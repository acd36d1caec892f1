-- ===== src/Tracker.antt =====
-- internal/tracker/tracker.go: traffic deltas between the kernel's cumulative counters and the
-- reports to the panel. Byte counters are natural numbers (an int64 holds them below 2 ^ 63); the
-- hash of `crypto/sha256` is a parameter.
pub mod Ledger
pub mod Alive
use cpanelde.Prelude.{
  ℕ, ◌+◌, ◌-◌, ◌/◌, ◌%◌, ◌^◌, ◌<◌, Bool, true, false, not, ◌||◌, ◌&&◌, List, [], ◌∷◌, ◌++◌, length,
  if◌then◌else◌, Text, Option, none, some, ◌==◌, nat_eq, text_eq, Map, keys, lookup, insert, ltb,
  leb,
}
use cpanelde.Prelude.Sorting.{sort_strings, has_text}

-- [upload, download]
pub record Bytes : Type 0 where
  pub up : ℕ
  pub down : ℕ

abbrev pub zero_bytes : Bytes
zero_bytes = record { up = 0; down = 0 }

-- Indexing a Go map: a missing key reads as zero.
abbrev pub bytes_of : Option Bytes → Bytes
bytes_of none = zero_bytes
bytes_of (some b) = b

abbrev pub get : ℕ → Map ℕ Bytes → Bytes
get uid m = bytes_of (lookup uid m)

infixl 65 ◌+B◌
unfoldable pub ◌+B◌ : Bytes → Bytes → Bytes
a +B b = record { up = a.up + b.up; down = a.down + b.down }

pub record Snapshot : Type 0 where
  pub traffic : Map ℕ Bytes
  pub alive_ips : Map ℕ (List Text)
  pub online : Map ℕ ℕ
  pub conn_count : ℕ
  pub in_speed : ℕ
  pub out_speed : ℕ

pub record Tracker : Type 0 where
  pub last_seen : Map ℕ Bytes
  pub pending_traffic : Map ℕ Bytes
  pub live : Snapshot
  pub alive_ips_buf : Map ℕ (List Text)
  pub last_alive_ips_hash : Text

unfoldable pub new_tracker : Tracker
new_tracker = record {
  last_seen = [];
  pending_traffic = [];
  live = record {
    traffic = [];
    alive_ips = [];
    online = [];
    conn_count = 0;
    in_speed = 0;
    out_speed = 0;
  };
  alive_ips_buf = [];
  last_alive_ips_hash = [];
}

-- The growth of a counter; one that fell was reset, and counts from 0.
abbrev pub growth : ℕ → ℕ → ℕ
growth prev cum = if ltb cum prev then cum else cum - prev

unfoldable pub delta : Bytes → Bytes → Bytes
delta prev cum = record { up = growth prev.up cum.up; down = growth prev.down cum.down }

abbrev pub is_nonzero : Bytes → Bool
is_nonzero d = ltb 0 d.up || ltb 0 d.down

pub record Cycle : Type 0 where
  pub seen : Map ℕ Bytes
  pub pending : Map ℕ Bytes
  pub total : Bytes

-- One round of the loop of `Process`.
unfoldable pub account : ℕ → Bytes → Cycle → Cycle
account uid cum c =
    let d = delta (get uid c.seen) cum in
    record {
      seen = insert uid cum c.seen;
      pending = if is_nonzero d then insert uid (get uid c.pending +B d) c.pending else c.pending;
      total = c.total +B d;
    }

unfoldable pub account_all : Map ℕ Bytes → Cycle → Cycle
account_all [] c = c
account_all ((uid, cum) ∷ traffic) c = account_all traffic (account uid cum c)

-- online[uid] = len(ips)
unfoldable pub online_counts : Map ℕ (List Text) → Map ℕ ℕ → Map ℕ ℕ
online_counts [] m = m
online_counts ((uid, ips) ∷ alive) m = online_counts alive (insert uid (length ips) m)

unfoldable pub process : Tracker → Map ℕ Bytes → Map ℕ (List Text) → ℕ → Tracker
process t traffic alive conn_count =
    let c =
      account_all traffic
        (record { seen = t.last_seen; pending = t.pending_traffic; total = zero_bytes }) in
    record t {
      last_seen = c.seen;
      pending_traffic = c.pending;
      live = record {
        traffic = c.pending;
        alive_ips = alive;
        online = online_counts alive [];
        conn_count = conn_count;
        in_speed = c.total.down;
        out_speed = c.total.up;
      };
    }

unfoldable pub flush_traffic : Tracker → Tracker × Map ℕ Bytes
flush_traffic t = (record t { pending_traffic = [] }, t.pending_traffic)

unfoldable pub add_back : Map ℕ Bytes → Map ℕ Bytes → Map ℕ Bytes
add_back [] pending = pending
add_back ((uid, d) ∷ traffic) pending = add_back traffic (insert uid (get uid pending +B d) pending)

unfoldable pub restore_traffic : Tracker → Map ℕ Bytes → Tracker
restore_traffic t traffic = record t { pending_traffic = add_back traffic t.pending_traffic }

unfoldable pub has_traffic : Tracker → Bool
has_traffic t = ltb 0 (length t.pending_traffic)

-- sort.Ints over the user ids, with the IPs of each.
unfoldable pub insert_user : ℕ → List Text → Map ℕ (List Text) → Map ℕ (List Text)
insert_user uid ips [] = (uid, ips) ∷ []
insert_user uid ips ((n, js) ∷ m) =
    if ltb n uid then (n, js) ∷ insert_user uid ips m else (uid, ips) ∷ (n, js) ∷ m

unfoldable pub sort_users : Map ℕ (List Text) → Map ℕ (List Text)
sort_users [] = []
sort_users ((uid, ips) ∷ m) = insert_user uid ips (sort_users m)

abbrev pub concat : List Text → Text
concat [] = []
concat (s ∷ ss) = s ++ concat ss

-- byte(uid >> 24), byte(uid >> 16), byte(uid >> 8), byte(uid)
abbrev pub uid_bytes : ℕ → Text
uid_bytes uid = (uid / 2 ^ 24 % 256) ∷ (uid / 2 ^ 16 % 256) ∷ (uid / 2 ^ 8 % 256) ∷ (uid % 256) ∷ []

-- What is written to the hash.
unfoldable pub hash_input : Map ℕ (List Text) → Text
hash_input [] = []
hash_input ((uid, ips) ∷ m) = uid_bytes uid ++ concat (sort_strings ips) ++ hash_input m

-- `digest` is the hexadecimal SHA-256 of a text.
unfoldable pub calc_alive_ips_hash : (Text → Text) → Map ℕ (List Text) → Text
calc_alive_ips_hash digest [] = []
calc_alive_ips_hash digest (e ∷ m) = digest (hash_input (sort_users (e ∷ m)))

-- `none` is the nil that says that nothing changed.
unfoldable pub flush_alive_ips : (Text → Text) → Tracker → Tracker × Option (Map ℕ (List Text))
flush_alive_ips digest t =
    let hash = calc_alive_ips_hash digest t.live.alive_ips in
    if hash == t.last_alive_ips_hash then (t, none) else (
      record t { last_alive_ips_hash = hash; alive_ips_buf = t.live.alive_ips },
      some t.live.alive_ips,
    )

-- The IPs of a failed report, added to those of the buffer that are not there yet.
unfoldable pub merge_missing : List Text → List Text → List Text
merge_missing ips [] = ips
merge_missing ips (ip ∷ more) = merge_missing (if has_text ip ips then ips else ips ++ ip ∷ []) more

abbrev pub ips_or_nil : Option (List Text) → List Text
ips_or_nil none = []
ips_or_nil (some ips) = ips

unfoldable pub restore_alive_ips : Map ℕ (List Text) → Map ℕ (List Text) → Map ℕ (List Text)
restore_alive_ips [] buf = buf
restore_alive_ips ((uid, ips) ∷ m) buf =
    restore_alive_ips m (insert uid (merge_missing (ips_or_nil (lookup uid buf)) ips) buf)

unfoldable pub current_online : Tracker → Map ℕ ℕ
current_online t = t.live.online

unfoldable pub active_connections : Tracker → ℕ
active_connections t = t.live.conn_count

unfoldable pub inbound_speed : Tracker → ℕ
inbound_speed t = t.live.in_speed / 10

unfoldable pub outbound_speed : Tracker → ℕ
outbound_speed t = t.live.out_speed / 10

● TASK OBJECTIVE:
Find each line holding the string "some" in the listing above, then copy it.

● RESPONSE TO THE TASK:
  if◌then◌else◌, Text, Option, none, some, ◌==◌, nat_eq, text_eq, Map, keys, lookup, insert, ltb,
bytes_of (some b) = b
      some t.live.alive_ips,
ips_or_nil (some ips) = ips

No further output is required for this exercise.